→ **Task statement**: Among the entries below, only the lines starting at the one with "k.tasks q).next) same" and ending at the one with "remove_from_task_list-without fuel task []", both included, are to be printed exactly.

Stored data entries
———

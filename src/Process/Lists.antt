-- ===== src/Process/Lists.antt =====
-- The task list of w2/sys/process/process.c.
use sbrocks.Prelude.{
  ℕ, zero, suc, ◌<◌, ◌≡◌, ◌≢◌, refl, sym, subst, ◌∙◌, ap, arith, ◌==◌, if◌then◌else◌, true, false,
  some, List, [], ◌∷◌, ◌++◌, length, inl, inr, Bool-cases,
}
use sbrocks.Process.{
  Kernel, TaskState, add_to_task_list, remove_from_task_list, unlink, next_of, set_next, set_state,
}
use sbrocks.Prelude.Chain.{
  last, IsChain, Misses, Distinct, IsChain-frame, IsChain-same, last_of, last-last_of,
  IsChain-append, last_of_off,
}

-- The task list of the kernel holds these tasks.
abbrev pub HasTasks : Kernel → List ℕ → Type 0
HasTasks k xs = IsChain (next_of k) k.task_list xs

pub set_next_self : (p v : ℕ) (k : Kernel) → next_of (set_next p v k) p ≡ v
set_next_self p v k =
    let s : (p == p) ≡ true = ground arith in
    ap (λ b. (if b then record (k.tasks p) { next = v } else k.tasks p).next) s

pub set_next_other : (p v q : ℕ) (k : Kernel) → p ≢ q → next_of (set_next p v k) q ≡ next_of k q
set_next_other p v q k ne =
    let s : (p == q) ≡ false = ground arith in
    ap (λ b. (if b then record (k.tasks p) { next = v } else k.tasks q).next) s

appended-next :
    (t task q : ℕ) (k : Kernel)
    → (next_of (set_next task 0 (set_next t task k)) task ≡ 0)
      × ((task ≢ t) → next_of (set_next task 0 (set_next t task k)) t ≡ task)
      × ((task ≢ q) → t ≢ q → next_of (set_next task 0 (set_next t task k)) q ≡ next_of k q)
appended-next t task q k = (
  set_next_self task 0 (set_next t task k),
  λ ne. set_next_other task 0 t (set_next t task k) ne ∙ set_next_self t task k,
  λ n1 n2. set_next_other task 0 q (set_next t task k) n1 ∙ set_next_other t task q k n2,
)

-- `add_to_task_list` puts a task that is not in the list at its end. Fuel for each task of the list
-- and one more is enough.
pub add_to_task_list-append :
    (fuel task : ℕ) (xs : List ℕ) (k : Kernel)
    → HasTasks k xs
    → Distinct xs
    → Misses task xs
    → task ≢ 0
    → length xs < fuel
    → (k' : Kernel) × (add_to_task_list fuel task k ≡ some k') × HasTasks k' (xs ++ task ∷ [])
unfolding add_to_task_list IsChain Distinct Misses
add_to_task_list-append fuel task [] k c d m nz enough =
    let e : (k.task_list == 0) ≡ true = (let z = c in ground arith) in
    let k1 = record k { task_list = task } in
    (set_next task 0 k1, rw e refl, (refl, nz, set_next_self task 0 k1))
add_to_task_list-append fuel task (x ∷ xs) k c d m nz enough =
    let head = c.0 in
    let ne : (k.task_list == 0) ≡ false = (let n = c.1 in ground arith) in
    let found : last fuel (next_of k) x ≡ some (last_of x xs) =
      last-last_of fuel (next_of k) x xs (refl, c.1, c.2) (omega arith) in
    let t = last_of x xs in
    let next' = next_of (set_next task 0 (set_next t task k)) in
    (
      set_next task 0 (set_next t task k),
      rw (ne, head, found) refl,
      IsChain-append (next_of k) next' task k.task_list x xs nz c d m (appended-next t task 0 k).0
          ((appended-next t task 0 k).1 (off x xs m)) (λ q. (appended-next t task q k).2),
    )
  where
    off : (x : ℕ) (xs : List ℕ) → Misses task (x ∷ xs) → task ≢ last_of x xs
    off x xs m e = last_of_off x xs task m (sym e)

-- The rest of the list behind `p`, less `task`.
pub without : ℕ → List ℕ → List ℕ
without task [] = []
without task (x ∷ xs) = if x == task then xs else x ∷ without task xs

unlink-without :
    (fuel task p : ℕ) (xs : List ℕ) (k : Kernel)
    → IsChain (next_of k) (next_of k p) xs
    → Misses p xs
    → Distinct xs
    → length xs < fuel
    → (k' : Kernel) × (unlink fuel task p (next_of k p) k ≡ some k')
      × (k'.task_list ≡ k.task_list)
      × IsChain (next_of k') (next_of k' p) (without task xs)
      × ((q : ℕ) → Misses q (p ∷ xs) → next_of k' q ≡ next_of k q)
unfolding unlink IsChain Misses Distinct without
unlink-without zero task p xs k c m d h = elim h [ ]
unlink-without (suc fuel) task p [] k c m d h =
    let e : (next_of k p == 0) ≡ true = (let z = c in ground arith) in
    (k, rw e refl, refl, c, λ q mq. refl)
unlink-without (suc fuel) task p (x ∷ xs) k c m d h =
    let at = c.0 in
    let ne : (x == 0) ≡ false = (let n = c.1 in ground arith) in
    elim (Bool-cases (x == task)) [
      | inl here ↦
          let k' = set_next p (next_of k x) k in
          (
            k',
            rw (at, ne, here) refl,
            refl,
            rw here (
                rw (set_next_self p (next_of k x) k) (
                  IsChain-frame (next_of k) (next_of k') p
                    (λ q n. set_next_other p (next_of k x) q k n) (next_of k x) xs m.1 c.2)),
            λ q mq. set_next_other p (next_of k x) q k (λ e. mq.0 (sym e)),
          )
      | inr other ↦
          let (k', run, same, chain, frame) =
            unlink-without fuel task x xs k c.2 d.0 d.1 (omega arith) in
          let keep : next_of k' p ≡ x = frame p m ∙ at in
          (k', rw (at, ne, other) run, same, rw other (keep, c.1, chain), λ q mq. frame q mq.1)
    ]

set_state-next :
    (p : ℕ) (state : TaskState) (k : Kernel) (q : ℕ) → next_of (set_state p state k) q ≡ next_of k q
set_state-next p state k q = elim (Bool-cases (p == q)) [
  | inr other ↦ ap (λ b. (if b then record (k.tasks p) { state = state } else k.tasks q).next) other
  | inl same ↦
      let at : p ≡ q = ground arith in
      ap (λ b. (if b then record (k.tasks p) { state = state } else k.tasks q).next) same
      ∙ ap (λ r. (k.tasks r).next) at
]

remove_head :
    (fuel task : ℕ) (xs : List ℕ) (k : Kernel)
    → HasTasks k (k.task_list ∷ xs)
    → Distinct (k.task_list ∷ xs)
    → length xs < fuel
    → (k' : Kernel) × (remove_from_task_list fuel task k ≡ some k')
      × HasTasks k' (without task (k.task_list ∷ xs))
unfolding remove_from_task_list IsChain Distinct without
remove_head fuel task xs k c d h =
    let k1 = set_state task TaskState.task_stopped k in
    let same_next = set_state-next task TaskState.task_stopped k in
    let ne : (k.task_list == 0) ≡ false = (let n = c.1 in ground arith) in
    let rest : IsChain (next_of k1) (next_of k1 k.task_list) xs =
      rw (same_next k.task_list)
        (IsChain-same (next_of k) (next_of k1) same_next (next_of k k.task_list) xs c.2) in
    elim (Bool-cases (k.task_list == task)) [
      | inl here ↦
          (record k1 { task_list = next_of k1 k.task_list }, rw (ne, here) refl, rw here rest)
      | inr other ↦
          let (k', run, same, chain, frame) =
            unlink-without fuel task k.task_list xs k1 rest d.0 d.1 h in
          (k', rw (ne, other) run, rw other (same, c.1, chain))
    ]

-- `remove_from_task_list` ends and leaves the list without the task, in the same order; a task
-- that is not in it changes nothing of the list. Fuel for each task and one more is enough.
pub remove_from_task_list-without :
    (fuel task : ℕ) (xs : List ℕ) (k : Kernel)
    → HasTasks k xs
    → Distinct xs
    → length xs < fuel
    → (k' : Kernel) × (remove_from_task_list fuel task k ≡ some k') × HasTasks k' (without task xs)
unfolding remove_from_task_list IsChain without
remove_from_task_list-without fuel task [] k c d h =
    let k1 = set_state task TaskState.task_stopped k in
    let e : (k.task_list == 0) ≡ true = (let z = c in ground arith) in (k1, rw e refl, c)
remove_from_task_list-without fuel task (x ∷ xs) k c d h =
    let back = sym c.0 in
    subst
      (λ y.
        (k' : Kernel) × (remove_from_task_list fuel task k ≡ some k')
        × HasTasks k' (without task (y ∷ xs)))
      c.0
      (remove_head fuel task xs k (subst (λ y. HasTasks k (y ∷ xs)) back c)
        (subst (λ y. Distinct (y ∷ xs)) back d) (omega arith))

———

→ **Answer for the task**:
      ap (λ b. (if b then record (k.tasks p) { state = state } else k.tasks q).next) same
      ∙ ap (λ r. (k.tasks r).next) at
]

remove_head :
    (fuel task : ℕ) (xs : List ℕ) (k : Kernel)
    → HasTasks k (k.task_list ∷ xs)
    → Distinct (k.task_list ∷ xs)
    → length xs < fuel
    → (k' : Kernel) × (remove_from_task_list fuel task k ≡ some k')
      × HasTasks k' (without task (k.task_list ∷ xs))
unfolding remove_from_task_list IsChain Distinct without
remove_head fuel task xs k c d h =
    let k1 = set_state task TaskState.task_stopped k in
    let same_next = set_state-next task TaskState.task_stopped k in
    let ne : (k.task_list == 0) ≡ false = (let n = c.1 in ground arith) in
    let rest : IsChain (next_of k1) (next_of k1 k.task_list) xs =
      rw (same_next k.task_list)
        (IsChain-same (next_of k) (next_of k1) same_next (next_of k k.task_list) xs c.2) in
    elim (Bool-cases (k.task_list == task)) [
      | inl here ↦
          (record k1 { task_list = next_of k1 k.task_list }, rw (ne, here) refl, rw here rest)
      | inr other ↦
          let (k', run, same, chain, frame) =
            unlink-without fuel task k.task_list xs k1 rest d.0 d.1 h in
          (k', rw (ne, other) run, rw other (same, c.1, chain))
    ]

-- `remove_from_task_list` ends and leaves the list without the task, in the same order; a task
-- that is not in it changes nothing of the list. Fuel for each task and one more is enough.
pub remove_from_task_list-without :
    (fuel task : ℕ) (xs : List ℕ) (k : Kernel)
    → HasTasks k xs
    → Distinct xs
    → length xs < fuel
    → (k' : Kernel) × (remove_from_task_list fuel task k ≡ some k') × HasTasks k' (without task xs)
unfolding remove_from_task_list IsChain without
remove_from_task_list-without fuel task [] k c d h =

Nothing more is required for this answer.